2 . The method of claim 1 , wherein the mammal has a condition selected from the group consisting of viral infection, bacterial infection, fungal infection, cancer, and graft v. host disorders.
3 . The method of claim 1 , wherein the mammal is a human.
4 . The method of claim 1 , wherein the IMXP-888 polypeptide comprises an amino acid sequence selected from the group consisting of:
a) a polypeptide having the sequence of residues 18 to 375 of SEQ ID NO:3; b) a polypeptide having the sequence of residues 13 to 371 of SEQ ID NO:1; c) a polypeptide having the sequence of residues 13 to 280 of SEQ ID NO:2; d) a polypeptide encoded by a sequence that is at least 80% homologous to a polynucleotide sequence that encodes residues 18 to 375 of SEQ ID NO:3; e) a polypeptide encoded by a sequence that is at least 80% homologous to a polynucleotide sequence that encodes residues 13 to 371 of SEQ ID NO:1; and f) a polypeptide encoded by a sequence that is at least 80% homologous to a polynucleotide sequence that encodes residues 13 to 280 of SEQ ID NO:2.
5 . The method of claim 4 wherein the amino acid sequence comprises residues 23 to 370 of SEQ ID NO:3.
6 . The method of claim 1 or 4 , wherein the IMXP-888 polypeptide is glycosylated.
7 . The method of claim 1 or 4 , wherein the IMXP-888 polypeptide is fused to a heterologous polypeptide.
8 . The method of claim 7 , wherein the heterologous polypeptide is a constant region derived from an antibody molecule.
9 . A method of treating an inflammatory disorder in a mammal, comprising administering an effective amount of an IMXP-888 antagonist to the mammal.
10 . The method of claim 9 , wherein the IMXP-888 antagonist is an antibody.
11 . The method of claim 9 , wherein the IMXP-888 antagonist is a ribozyme that specifically cleaves a ribonucleic acid that encodes an IMXP-888 polypeptide.
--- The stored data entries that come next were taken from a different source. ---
-- ===== src/Compare/Pairs.antt =====
-- The loop of `compare_fingerprints` of src/compare/engine.cpp. Its comparators are the argument
-- `comparator_for`.
use mediadiff.Base.{
  Bool, Expected, List, Option, Text, [], err, if◌then◌else◌, internal, is_empty, none, not, ok,
  some, text, text_eq, ◌&&◌, ◌>>=◌, ◌||◌, ◌∷◌,
}
use mediadiff.Compare.{Comparator}
use mediadiff.Compare.Engine.{KeyMap, PairKey, all_keys, find_key, index_from}
use mediadiff.Compare.Family.{check_id_matches_family, resolve_family}
use mediadiff.Compare.Findings.{
  demoted_finding, mismatch_finding, observed_mismatch, pair_evidence, skipped_finding, unpaired,
  with_evidence,
}
use mediadiff.Core.Model.{Finding, Fingerprint, Measurement, Vendor, is_not_skipped}
use mediadiff.Core.Policy.{Policy}
use mediadiff.Core.Policy.Resolve.{resolve_policy}
use mediadiff.Core.Registry.{CheckDef, CheckRegistry, Semantic, at}

-- Whether a migration between containers takes the check out of the comparison.
unfoldable pub is_demoted : Text → Text → CheckDef → Bool
unfolding check_id_matches_family
is_demoted baseline_family candidate_family check =
    not (is_empty baseline_family)
    && not (is_empty candidate_family)
    && not (text_eq baseline_family candidate_family)
    && (check_id_matches_family check.id baseline_family
        || check_id_matches_family check.id candidate_family)

unfoldable pub builtin_policy : CheckRegistry → Policy → Expected Policy
unfolding resolve_policy
builtin_policy registry policy = do
  resolved ← resolve_policy registry policy.profile none []
  ok (record policy { per_check = resolved.per_check })

-- A policy without entries is resolved from its profile alone.
unfoldable pub complete_policy : CheckRegistry → Policy → Expected Policy
unfolding builtin_policy
complete_policy registry policy =
    if is_empty policy.per_check then builtin_policy registry policy else ok policy

module _ (V : Vendor) (comparator_for : Semantic → Comparator V.Json) where
  unfoldable pub compare_values :
      CheckDef → Policy → Measurement V.Json → Measurement V.Json → Expected (Finding V.Json)
  unfolding with_evidence pair_evidence
  compare_values check policy baseline candidate = do
    finding ← comparator_for check.semantic check baseline candidate policy
    ok (with_evidence V (pair_evidence V baseline candidate) finding)

  unfoldable pub compare_paired :
      CheckDef
      → Policy
      → PairKey
      → Measurement V.Json
      → Measurement V.Json
      → Expected (Finding V.Json)
  unfolding skipped_finding observed_mismatch mismatch_finding compare_values
  compare_paired check policy key baseline candidate =
      let values : Expected (Finding V.Json) = elim (observed_mismatch V check baseline candidate) [
        | some observed ↦ ok (mismatch_finding V check policy key baseline candidate observed)
        | none ↦ compare_values check policy baseline candidate
      ] in
      if not (is_not_skipped baseline.skip_reason) || not (is_not_skipped candidate.skip_reason)
      then ok (skipped_finding V check policy key baseline candidate)
      else values

  -- A finding, or nothing for a pair that is passed over.
  unfoldable pub compare_sides :
      CheckDef
      → Policy
      → PairKey
      → Option (Measurement V.Json)
      → Option (Measurement V.Json)
      → Expected (Option (Finding V.Json))
  unfolding compare_paired
  compare_sides check policy key (some baseline) (some candidate) = do
    finding ← compare_paired check policy key baseline candidate
    ok (some finding)
  compare_sides check policy key (some baseline) none = unpaired V check key (some baseline) none
  compare_sides check policy key none candidate = unpaired V check key none candidate

  -- The key's check, if its index is in the registry's range.
  unfoldable pub compare_check :
      Policy
      → Text
      → Text
      → KeyMap V.Json
      → KeyMap V.Json
      → PairKey
      → Option CheckDef
      → Expected (Option (Finding V.Json))
  unfolding is_demoted demoted_finding find_key compare_sides
  compare_check policy baseline_family candidate_family baselines candidates key none =
      err
        (record { kind = internal; message = text "measurement check_index out of registry range" })
  compare_check policy baseline_family candidate_family baselines candidates key (some check) =
      if is_demoted baseline_family candidate_family check
      then ok (
          some
            (demoted_finding V check policy key (find_key key baselines) (find_key key candidates)))
      else compare_sides check policy key (find_key key baselines) (find_key key candidates)

  unfoldable pub compare_key :
      CheckRegistry
      → Policy
      → Text
      → Text
      → KeyMap V.Json
      → KeyMap V.Json
      → PairKey
      → Expected (Option (Finding V.Json))
  unfolding at compare_check
  compare_key registry policy baseline_family candidate_family baselines candidates key =
      compare_check policy baseline_family candidate_family baselines candidates key
        (at registry key.check_index)

  unfoldable pub compare_keys :
      CheckRegistry
      → Policy
      → Text
      → Text
      → KeyMap V.Json
      → KeyMap V.Json
      → List PairKey
      → Expected (List (Finding V.Json))
  unfolding compare_key
  compare_keys registry policy baseline_family candidate_family baselines candidates [] = ok []
  compare_keys registry policy baseline_family candidate_family baselines candidates (k ∷ ks) = do
    finding ← compare_key registry policy baseline_family candidate_family baselines candidates k
    findings ← compare_keys registry policy baseline_family candidate_family baselines candidates ks
    ok (elim finding [ none ↦ findings | some f ↦ f ∷ findings ])

  unfoldable pub compare_fingerprints :
      Fingerprint V.Json
      → Fingerprint V.Json
      → Policy
      → CheckRegistry
      → Expected (List (Finding V.Json))
  unfolding complete_policy resolve_family index_from all_keys compare_keys
  compare_fingerprints baseline candidate policy registry = do
    resolved_policy ← complete_policy registry policy
    let baselines = index_from [] baseline.measurements
    let candidates = index_from [] candidate.measurements
    compare_keys registry resolved_policy (resolve_family baseline registry)
        (resolve_family candidate registry) baselines candidates (all_keys baselines candidates)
12 . The method of claim 9 , wherein the IMXP-888 antagonist is an IMXP-888 binding partner.
13 . A method of using an IMXP-888 polypeptide to identify an IMXP-888 receptor, comprising screening an expression library prepared from a cell type that responds to IMXP-888 polypeptide for a clone that encodes a protein which binds to IMXP-888.
14 . The method of claim 13 wherein the cell type is a hematopoietic cell.
15 . The method of claim 14 wherein the hematopoetic cell is a THP-1 cell, a natural killer cell, a monocyte, or a peripheral blood lymphocyte.
16 . The method of claim 13 wherein the screening step entails detecting the binding of a detectably labeled IMXP-888 polypeptide.
17 . The method of claim 16 wherein the detectably labeled IMXP-888 polypeptide is a fusion protein comprising soluble IMXP-888 extracellular domain.
18 . A method for identifying compounds capable of enhancing or inhibiting a biological activity of an IMXP-888 polypeptide, comprising
contacting a cell which responds to the IMXP-888 polypeptide with a test compound in the presence of the IMXP-888 polypeptide, assaying a response of the cell to the IMXP-888 polypeptide, and comparing the response of the cell to a standard level of activity, the standard being assayed when contact is made between the cell and the IMXP-888 polypeptide in the absence of the test compound,
wherein an increase in the response over the standard indicates that the test compound is an agonist of IMXP-888 activity and a decrease in the response compared to the standard indicates that the test compound is an antagonist of IMXP-888 activity.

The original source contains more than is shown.